● **Aim of the task**
Copy each line of the entries below that contains the string "accepting".

(Collected data entries)
--- START ---

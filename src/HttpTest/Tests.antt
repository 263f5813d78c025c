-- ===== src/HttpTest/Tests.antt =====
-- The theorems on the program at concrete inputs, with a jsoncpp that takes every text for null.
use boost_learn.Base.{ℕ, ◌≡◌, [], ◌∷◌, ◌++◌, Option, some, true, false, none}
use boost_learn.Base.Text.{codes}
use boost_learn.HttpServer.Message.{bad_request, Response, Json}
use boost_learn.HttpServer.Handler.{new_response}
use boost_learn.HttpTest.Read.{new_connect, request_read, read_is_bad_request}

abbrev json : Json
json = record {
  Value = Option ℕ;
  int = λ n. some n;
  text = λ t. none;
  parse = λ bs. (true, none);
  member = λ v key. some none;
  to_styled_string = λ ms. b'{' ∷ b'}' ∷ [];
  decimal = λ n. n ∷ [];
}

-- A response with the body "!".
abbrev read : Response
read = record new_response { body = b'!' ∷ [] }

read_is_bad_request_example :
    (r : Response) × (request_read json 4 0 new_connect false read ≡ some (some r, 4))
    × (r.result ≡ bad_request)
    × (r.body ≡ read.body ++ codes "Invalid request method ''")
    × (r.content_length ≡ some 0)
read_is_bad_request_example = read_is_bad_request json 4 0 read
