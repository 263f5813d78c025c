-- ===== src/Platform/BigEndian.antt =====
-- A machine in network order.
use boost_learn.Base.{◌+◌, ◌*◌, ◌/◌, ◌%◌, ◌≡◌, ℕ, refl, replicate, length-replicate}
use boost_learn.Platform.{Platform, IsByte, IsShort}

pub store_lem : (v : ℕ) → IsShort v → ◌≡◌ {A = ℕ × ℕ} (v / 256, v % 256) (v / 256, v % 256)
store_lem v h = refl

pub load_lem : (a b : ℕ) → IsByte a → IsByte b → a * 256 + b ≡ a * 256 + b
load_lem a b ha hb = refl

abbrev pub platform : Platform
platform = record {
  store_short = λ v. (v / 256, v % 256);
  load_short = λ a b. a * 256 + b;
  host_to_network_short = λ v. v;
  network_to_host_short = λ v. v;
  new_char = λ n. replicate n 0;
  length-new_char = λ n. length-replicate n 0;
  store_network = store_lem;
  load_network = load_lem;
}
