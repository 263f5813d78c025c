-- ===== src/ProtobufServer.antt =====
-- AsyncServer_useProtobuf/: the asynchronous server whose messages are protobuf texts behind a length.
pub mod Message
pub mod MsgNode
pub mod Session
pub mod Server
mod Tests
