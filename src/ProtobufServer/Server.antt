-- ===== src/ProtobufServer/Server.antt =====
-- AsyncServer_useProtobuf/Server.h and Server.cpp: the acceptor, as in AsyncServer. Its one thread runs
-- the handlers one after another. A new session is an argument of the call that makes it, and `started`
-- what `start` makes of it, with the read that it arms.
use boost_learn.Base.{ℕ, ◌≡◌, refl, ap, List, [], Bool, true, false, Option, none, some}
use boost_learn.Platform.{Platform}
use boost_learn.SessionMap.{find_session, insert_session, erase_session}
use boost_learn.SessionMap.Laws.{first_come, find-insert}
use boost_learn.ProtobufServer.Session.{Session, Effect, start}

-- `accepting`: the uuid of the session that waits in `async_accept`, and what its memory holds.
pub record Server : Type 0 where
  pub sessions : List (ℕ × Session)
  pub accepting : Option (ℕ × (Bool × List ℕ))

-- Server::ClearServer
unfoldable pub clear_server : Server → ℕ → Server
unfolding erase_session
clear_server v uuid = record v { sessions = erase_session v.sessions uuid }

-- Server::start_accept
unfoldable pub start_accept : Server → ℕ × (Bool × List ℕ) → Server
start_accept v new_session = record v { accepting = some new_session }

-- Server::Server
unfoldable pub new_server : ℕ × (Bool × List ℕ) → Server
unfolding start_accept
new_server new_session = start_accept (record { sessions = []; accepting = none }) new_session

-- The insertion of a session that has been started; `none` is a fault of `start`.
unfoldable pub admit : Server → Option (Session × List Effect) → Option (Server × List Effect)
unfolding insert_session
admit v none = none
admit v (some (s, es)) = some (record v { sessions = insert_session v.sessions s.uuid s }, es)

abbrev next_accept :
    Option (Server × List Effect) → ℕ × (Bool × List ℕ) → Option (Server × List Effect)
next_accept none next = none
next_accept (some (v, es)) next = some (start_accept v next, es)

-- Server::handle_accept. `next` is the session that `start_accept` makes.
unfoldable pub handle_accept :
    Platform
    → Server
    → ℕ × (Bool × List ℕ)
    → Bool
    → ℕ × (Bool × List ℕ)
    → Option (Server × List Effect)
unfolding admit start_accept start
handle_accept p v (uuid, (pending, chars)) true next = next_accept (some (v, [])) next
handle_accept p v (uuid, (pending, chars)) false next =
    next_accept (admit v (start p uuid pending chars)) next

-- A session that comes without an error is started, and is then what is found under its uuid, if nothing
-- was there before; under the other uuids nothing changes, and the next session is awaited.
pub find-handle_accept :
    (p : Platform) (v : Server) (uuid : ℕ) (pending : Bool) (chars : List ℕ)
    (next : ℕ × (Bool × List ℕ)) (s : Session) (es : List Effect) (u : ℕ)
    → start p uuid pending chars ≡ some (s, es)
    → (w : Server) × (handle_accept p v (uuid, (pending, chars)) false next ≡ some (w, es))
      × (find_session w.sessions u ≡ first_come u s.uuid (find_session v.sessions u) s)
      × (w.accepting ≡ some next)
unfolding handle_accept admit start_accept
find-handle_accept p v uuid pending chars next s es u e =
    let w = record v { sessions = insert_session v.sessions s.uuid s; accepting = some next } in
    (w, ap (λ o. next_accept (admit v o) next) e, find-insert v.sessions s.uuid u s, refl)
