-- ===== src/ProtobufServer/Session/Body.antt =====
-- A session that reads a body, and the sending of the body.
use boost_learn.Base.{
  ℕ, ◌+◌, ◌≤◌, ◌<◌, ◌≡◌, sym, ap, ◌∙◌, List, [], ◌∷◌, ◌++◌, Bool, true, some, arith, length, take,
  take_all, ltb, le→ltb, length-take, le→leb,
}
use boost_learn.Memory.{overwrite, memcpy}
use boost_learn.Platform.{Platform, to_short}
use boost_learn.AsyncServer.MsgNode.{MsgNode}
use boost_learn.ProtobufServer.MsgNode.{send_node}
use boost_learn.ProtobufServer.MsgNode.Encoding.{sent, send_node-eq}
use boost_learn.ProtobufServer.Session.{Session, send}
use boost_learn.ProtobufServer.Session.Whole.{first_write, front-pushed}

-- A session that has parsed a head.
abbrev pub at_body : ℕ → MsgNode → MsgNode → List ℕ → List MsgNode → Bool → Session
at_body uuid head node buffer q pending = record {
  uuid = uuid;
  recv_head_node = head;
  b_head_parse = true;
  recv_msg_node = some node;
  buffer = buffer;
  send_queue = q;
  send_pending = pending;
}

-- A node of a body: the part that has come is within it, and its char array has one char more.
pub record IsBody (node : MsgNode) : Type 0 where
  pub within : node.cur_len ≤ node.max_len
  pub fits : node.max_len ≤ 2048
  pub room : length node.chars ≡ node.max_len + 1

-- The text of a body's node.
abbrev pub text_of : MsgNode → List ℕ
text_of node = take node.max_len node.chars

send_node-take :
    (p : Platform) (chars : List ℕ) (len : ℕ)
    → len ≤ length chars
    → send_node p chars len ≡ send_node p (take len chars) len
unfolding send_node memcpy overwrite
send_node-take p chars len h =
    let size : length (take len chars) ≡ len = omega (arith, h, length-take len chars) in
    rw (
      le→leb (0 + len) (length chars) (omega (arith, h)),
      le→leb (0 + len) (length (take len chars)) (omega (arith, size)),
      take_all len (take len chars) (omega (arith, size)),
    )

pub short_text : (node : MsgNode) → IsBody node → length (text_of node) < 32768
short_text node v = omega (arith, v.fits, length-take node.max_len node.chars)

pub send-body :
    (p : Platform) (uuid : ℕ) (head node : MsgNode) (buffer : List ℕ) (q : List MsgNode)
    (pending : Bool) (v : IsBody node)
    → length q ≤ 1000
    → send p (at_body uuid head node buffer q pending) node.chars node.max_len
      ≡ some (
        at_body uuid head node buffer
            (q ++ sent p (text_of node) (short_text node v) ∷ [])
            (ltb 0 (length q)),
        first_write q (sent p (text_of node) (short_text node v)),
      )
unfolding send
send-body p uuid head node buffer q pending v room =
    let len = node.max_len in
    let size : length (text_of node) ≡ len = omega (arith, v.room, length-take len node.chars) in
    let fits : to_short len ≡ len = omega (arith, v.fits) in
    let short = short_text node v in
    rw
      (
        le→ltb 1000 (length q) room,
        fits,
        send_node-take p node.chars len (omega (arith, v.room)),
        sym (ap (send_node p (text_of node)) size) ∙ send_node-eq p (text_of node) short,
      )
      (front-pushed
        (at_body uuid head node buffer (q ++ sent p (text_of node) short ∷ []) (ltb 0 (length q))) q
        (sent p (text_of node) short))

--- END ---
--- START ---

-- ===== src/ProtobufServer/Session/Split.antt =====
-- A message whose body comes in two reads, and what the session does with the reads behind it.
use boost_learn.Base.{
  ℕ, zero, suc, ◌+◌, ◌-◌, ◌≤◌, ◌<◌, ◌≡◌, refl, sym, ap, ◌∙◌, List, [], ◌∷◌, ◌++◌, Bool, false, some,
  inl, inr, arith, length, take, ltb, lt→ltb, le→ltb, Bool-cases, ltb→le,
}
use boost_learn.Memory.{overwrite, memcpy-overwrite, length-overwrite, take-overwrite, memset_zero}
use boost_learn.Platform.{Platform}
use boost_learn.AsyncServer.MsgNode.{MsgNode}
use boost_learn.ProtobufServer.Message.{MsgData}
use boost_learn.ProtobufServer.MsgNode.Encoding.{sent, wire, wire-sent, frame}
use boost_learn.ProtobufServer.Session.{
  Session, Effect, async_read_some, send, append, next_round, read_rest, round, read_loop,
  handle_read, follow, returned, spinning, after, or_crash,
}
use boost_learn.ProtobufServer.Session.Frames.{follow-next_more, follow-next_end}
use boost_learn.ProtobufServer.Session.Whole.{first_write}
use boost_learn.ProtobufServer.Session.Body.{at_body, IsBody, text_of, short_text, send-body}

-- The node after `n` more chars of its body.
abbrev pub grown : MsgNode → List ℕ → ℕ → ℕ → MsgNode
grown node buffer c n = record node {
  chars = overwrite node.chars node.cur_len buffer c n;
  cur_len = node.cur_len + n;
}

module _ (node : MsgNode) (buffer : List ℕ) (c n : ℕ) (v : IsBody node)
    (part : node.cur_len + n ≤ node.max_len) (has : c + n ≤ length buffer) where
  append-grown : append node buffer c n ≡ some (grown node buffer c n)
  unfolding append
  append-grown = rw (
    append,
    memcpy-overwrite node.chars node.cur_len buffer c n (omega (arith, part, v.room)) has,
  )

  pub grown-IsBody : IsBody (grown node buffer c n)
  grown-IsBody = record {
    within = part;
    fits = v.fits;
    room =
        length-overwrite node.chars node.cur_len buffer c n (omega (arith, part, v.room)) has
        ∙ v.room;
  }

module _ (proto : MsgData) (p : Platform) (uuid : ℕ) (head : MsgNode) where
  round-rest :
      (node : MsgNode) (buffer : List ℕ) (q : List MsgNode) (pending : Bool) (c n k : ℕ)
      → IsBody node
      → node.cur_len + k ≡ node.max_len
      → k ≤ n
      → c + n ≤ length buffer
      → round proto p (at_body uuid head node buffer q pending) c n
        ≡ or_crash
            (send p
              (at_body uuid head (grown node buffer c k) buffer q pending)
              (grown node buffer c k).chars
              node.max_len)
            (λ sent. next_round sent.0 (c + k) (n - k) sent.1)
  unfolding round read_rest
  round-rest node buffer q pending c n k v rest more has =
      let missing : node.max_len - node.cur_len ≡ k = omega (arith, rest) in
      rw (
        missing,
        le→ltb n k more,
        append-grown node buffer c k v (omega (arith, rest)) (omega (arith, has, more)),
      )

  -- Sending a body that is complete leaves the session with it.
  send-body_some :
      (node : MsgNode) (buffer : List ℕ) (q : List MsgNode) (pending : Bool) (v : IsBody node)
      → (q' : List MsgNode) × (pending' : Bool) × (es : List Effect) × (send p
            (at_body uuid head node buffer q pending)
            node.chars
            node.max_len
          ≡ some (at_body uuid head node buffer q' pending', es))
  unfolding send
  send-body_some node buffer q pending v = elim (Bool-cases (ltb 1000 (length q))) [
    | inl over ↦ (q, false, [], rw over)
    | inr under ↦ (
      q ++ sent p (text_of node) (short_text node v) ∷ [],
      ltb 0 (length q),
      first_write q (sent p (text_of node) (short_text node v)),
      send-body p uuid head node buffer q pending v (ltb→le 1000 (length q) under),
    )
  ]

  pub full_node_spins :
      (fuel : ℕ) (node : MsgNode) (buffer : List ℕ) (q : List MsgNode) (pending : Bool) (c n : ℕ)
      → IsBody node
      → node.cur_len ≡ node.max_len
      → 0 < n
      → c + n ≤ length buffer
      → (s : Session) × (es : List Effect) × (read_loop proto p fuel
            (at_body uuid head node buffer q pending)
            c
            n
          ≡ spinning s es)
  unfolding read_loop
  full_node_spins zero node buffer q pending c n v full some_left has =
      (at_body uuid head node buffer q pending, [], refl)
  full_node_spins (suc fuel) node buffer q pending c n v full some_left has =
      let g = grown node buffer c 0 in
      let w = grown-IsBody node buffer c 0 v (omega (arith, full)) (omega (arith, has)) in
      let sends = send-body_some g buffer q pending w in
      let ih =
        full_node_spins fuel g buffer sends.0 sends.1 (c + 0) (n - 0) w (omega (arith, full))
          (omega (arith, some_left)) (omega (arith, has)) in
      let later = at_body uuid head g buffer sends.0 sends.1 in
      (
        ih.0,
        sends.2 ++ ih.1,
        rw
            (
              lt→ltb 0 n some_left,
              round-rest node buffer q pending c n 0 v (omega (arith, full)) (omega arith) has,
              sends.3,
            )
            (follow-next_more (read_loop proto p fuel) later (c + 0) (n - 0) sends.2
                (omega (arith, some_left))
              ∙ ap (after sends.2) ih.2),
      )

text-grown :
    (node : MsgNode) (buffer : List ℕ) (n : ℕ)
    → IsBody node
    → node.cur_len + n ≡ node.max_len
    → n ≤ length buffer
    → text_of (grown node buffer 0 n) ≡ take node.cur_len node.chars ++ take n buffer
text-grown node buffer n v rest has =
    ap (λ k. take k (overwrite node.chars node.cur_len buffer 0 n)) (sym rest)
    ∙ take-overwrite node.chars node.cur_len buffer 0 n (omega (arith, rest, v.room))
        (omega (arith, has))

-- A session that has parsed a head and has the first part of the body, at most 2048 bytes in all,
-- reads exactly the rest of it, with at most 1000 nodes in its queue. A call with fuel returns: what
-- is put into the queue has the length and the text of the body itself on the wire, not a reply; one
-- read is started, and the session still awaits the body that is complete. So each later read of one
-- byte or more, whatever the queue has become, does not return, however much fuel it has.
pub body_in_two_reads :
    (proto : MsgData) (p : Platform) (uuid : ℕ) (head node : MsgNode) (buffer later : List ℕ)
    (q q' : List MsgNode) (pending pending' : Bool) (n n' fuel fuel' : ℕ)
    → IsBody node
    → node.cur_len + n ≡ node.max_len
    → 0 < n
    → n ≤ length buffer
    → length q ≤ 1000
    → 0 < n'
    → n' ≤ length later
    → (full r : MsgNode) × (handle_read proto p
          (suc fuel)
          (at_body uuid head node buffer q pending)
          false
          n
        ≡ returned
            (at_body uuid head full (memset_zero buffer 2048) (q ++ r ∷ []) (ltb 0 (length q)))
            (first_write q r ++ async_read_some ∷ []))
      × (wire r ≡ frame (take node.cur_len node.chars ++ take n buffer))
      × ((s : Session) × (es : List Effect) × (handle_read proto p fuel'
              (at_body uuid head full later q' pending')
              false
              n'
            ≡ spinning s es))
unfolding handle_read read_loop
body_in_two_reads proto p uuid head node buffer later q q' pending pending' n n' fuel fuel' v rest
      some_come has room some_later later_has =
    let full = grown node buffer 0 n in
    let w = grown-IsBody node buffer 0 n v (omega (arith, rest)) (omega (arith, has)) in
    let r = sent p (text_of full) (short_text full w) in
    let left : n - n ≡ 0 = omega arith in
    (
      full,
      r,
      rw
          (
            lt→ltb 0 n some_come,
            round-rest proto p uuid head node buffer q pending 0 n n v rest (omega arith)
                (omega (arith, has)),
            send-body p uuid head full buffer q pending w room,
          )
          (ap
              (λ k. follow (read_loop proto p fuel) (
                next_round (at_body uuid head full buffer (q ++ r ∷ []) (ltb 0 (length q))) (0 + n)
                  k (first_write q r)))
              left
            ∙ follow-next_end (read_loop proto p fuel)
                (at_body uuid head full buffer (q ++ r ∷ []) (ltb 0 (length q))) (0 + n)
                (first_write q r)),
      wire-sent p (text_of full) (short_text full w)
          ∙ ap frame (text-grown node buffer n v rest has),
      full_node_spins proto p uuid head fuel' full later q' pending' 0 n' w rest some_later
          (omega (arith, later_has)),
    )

--- END ---

● **Answer to this problem**
-- `accepting`: the uuid of the session that waits in `async_accept`, and what its memory holds.
  pub accepting : Option (ℕ × (Bool × List ℕ))
start_accept v new_session = record v { accepting = some new_session }
new_server new_session = start_accept (record { sessions = []; accepting = none }) new_session
      × (w.accepting ≡ some next)
    let w = record v { sessions = insert_session v.sessions s.uuid s; accepting = some next } in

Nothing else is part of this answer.